Art of visiting will last a lifetime

By: 
Miriam Nelson
News Editor

I think the art of visiting is becoming a lost art. So many people spend so much time engaged with each other electronically that they forget how to listen and respond face to face.

People will always have and express strong opinions, but when they appear in a social media post, it’s easy to make assumptions that you want to avoid someone at all costs. That certainly cuts into your visiting pool. A good face-to-face visit gives you the chance to have an actual conversation and better understand someone’s opinion or to learn why they feel that way.

I know it’s popular to have some sort of family disaster movie about events with families that fight, but I really hope that is just Hollywood hype and not a true reflection of family gatherings. I can’t imagine why anyone would want to waste time with people they don’t really like.

Weddings are a time to gather and enjoy the company of family and friends. I was fortunate to be able to attend two this year, and I am thinking about them a lot this time of year as they hopefully enjoy celebrating their first Thanksgiving and Christmas while navigating their new roles as a couple. These two couples have been together for many years, so hopefully they have their social gatherings all figured out by now, but there is still something about that first celebration as a married couple that puts a little different spin on things.

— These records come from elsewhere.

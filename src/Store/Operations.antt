-- ===== src/Store/Operations.antt =====
-- The ledger of tool operations in harness/storage/store.py: an operation is registered once for
-- its key (run, message, tool call) and changes state under its revision.
use mi_harness.Prelude.{
  has_some, ℕ, ◌+◌, String, Bool, true, false, not, ◌&&◌, ◌||◌, Option, none, some, List, [], ◌∷◌,
  ◌++◌, leb, ◌==◌, same, is_some, get_or_else, select, any, all, find_row, update_rows, order_by,
}
use mi_harness.Exec.{
  Code, pure, gets, transaction, modify, new_id, utc_now, ◌>>=◌, ◌>>◌, require, or_raise, not_found,
  revision_conflict, operation_conflict, integrity, value_error,
}
use mi_harness.Core.{ExecutionContext}
use mi_harness.Store.Schema.{
  OperationState, Metadata, ToolResult, OperationRow, ReconciliationRow, Database, Db, text,
}
use mi_harness.Store.Runs.{assert_fence, check_fence}
use mi_harness.Store.Events.{event}

abbrev pub state_code : OperationState → ℕ
state_code OperationState.prepared = 0
state_code OperationState.authorized = 1
state_code OperationState.running = 2
state_code OperationState.succeeded = 3
state_code OperationState.failed = 4
state_code OperationState.cancelled = 5
state_code OperationState.unknown = 6

abbrev pub same_state : OperationState → OperationState → Bool
same_state a b = state_code a == state_code b

abbrev pub with_operation_id : String → OperationRow → Bool
with_operation_id identity o = same o.id identity

abbrev pub find_operation : String → Database → Option OperationRow
find_operation identity d = find_row (with_operation_id identity) d.tool_executions

-- Store.operation
unfoldable pub operation : String → Db OperationRow
operation identity = do found ← gets (find_operation identity); or_raise not_found found

abbrev pub with_operation_key : String → String → String → OperationRow → Bool
with_operation_key run_id message_id tool_call_id o =
    same o.run_id run_id && same o.message_id message_id && same o.tool_call_id tool_call_id

-- Store.operation_by_key
unfoldable pub operation_by_key : String → String → String → Db (Option OperationRow)
operation_by_key run_id message_id tool_call_id =
    gets (λ d. find_row (with_operation_key run_id message_id tool_call_id) d.tool_executions)

-- The argument of `prepare_operation`.
pub record OperationRequest : Type 0 where
  pub message_id : String
  pub tool_call_id : String
  pub tool_id : String
  pub tool_revision : String
  pub args_hash : String
  pub args : String
  pub resource_fingerprint : String
  pub input_summary : Option String
  pub metadata : Metadata

abbrev pub no_metadata : Metadata
no_metadata = record {
  protocol_continuation = none;
  unresolved_accepted = false;
  accepted_by = none;
  proven_not_started = false;
  path = none;
  after_hash = none;
}

abbrev same_request : OperationRequest → OperationRow → Bool
same_request q o =
    same o.args_hash q.args_hash && same o.tool_revision q.tool_revision && same o.tool_id q.tool_id

-- The INSERT into tool_executions, with its primary key and its unique key.
insert_operation : OperationRow → Db Unit
insert_operation o = do
  taken ← gets (λ d.
      any
        (λ x. with_operation_id o.id x || with_operation_key o.run_id o.message_id o.tool_call_id x)
        d.tool_executions)
  require (not taken) integrity
  modify (λ d. record d { tool_executions = d.tool_executions ++ o ∷ [] })

new_operation : ExecutionContext → OperationRequest → Db OperationRow
new_operation ctx q = do
  oid ← new_id
  now ← utc_now
  insert_operation (record {
    id = oid;
    run_id = ctx.run_id;
    message_id = q.message_id;
    tool_call_id = q.tool_call_id;
    tool_id = q.tool_id;
    tool_revision = q.tool_revision;
    args_hash = q.args_hash;
    args = q.args;
    resource_fingerprint = q.resource_fingerprint;
    state = OperationState.prepared;
    revision = 1;
    attempt_id = ctx.worker_attempt_id;
    fencing_token = ctx.fencing_token;
    grant_id = none;
    result = none;
    metadata = q.metadata;
    created_at = now;
    updated_at = now;
  })
  event ctx.run_id "tool.prepared" (
      ("operation_id", text oid)
      ∷ ("tool_id", text q.tool_id)
      ∷ ("tool_revision", text q.tool_revision)
      ∷ ("input_summary", text (get_or_else q.input_summary q.tool_id))
      ∷ [])
  operation oid

existing_or_new : Option OperationRow → ExecutionContext → OperationRequest → Db OperationRow
existing_or_new none ctx q = new_operation ctx q
existing_or_new (some o) ctx q = do require (same_request q o) operation_conflict; pure o

-- Store.prepare_operation
unfoldable pub prepare_operation : ExecutionContext → OperationRequest → Db OperationRow
unfolding existing_or_new new_operation insert_operation
prepare_operation ctx q = transaction (do
  assert_fence ctx false
  existing ← operation_by_key ctx.run_id q.message_id q.tool_call_id
  existing_or_new existing ctx q)

-- Store.operations
unfoldable pub operations : String → Db (List OperationRow)
operations run_id = gets (λ d.
    order_by (λ (a b : OperationRow). leb a.created_at b.created_at)
      (select (λ (o : OperationRow). same o.run_id run_id) d.tool_executions))

-- The keys of a patch of `update_operation`.
pub data OperationField : Type 0 where
  state : OperationState → OperationField
  result : Option ToolResult → OperationField
  metadata : Metadata → OperationField
  grant_id : Option String → OperationField
  resource_fingerprint : String → OperationField
  attempt_id : String → OperationField
  fencing_token : ℕ → OperationField
  other : String → OperationField

abbrev pub is_operation_field : OperationField → Bool
is_operation_field (OperationField.other k) = false
is_operation_field _ = true

unfoldable pub set_operation_field : OperationField → OperationRow → OperationRow
set_operation_field (OperationField.state s) o = record o { state = s }
set_operation_field (OperationField.result r) o = record o { result = r }
set_operation_field (OperationField.metadata m) o = record o { metadata = m }
set_operation_field (OperationField.grant_id g) o = record o { grant_id = g }
set_operation_field (OperationField.resource_fingerprint f) o = record o {
  resource_fingerprint = f;
}
set_operation_field (OperationField.attempt_id a) o = record o { attempt_id = a }
set_operation_field (OperationField.fencing_token n) o = record o { fencing_token = n }
set_operation_field (OperationField.other k) o = o

unfoldable pub set_operation_fields : List OperationField → OperationRow → OperationRow
unfolding set_operation_field
set_operation_fields [] o = o
set_operation_fields (f ∷ fs) o = set_operation_fields fs (set_operation_field f o)

abbrev pub operation_at : String → ℕ → OperationRow → Bool
operation_at identity expected o = same o.id identity && o.revision == expected

abbrev pub touch_operation : List OperationField → ℕ → OperationRow → OperationRow
touch_operation patch now o =
    let t = set_operation_fields patch o in record t { revision = t.revision + 1; updated_at = now }

-- Store.update_operation
unfoldable pub update_operation :
    String → ℕ → List OperationField → Option ExecutionContext → Db OperationRow
update_operation identity expected patch ctx = do
  require (all is_operation_field patch) value_error
  transaction (do
    check_fence ctx
    now ← utc_now
    require (has_some patch) Code.other_error
    count ← gets (λ d. any (operation_at identity expected) d.tool_executions)
    modify (λ d. record d {
      tool_executions =
          update_rows (operation_at identity expected) (touch_operation patch now)
            d.tool_executions;
    })
    require count revision_conflict
    operation identity)

-- Store.add_reconciliation; the request as text.
unfoldable pub add_reconciliation : String → ℕ → String → String → String → Db String
add_reconciliation operation_id expected_revision actor decision payload = do
  identity ← new_id
  now ← utc_now
  taken ←
      gets (λ d. any (λ (r : ReconciliationRow). same r.id identity) d.operation_reconciliations)
  known ← gets (λ d. is_some (find_operation operation_id d))
  require (not taken && known) integrity
  modify (λ d. record d {
    operation_reconciliations =
        d.operation_reconciliations
        ++ record {
          id = identity;
          operation_id = operation_id;
          expected_revision = expected_revision;
          actor = actor;
          decision = decision;
          payload = payload;
          created_at = now;
        }
          ∷ [];
  })
  pure identity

Although most people don’t immediately think of funerals as a great time to get together, when it’s a celebration of a long life well lived, it can be tonic for the souls left behind while the mourners gather together. I had two funerals this year.

My aunt Helen’s brought her five children and all but two of my cousins together for the first time in many years. Being able to catch up on lives while sharing fond memories made for a very special time for me.

Recently a friend of the family passed and even though the funeral was in Minneapolis, the burial was here. He had left the area by the time I had arrived on the scene, but his parents were my neighbors, so I got to know him and his family over the years when they came back to visit.

His parents were 20 years older than mine and his children were about 10 years younger than me, so I basically got to have three sets of memories. His siblings were all older than me and lived farther away, but visiting with my neighbor kept me current with their lives. Seeing them and their children and grandkids at the burial helped me remember the importance of gathering with family and friends.

You realize that at some point, you may never see some people ever again as time and distance take a toll on all of us. I guess that’s why I am thankful that I learned from my parents the art of visiting. Being able to relate to people — whether it’s meeting new friends or cherishing the old — only happens when you’re willing to spend some quality face time together.

As the holiday season approaches, I get excited to know I will be getting together with friends and family fully engaged in my favorite hobby — visiting.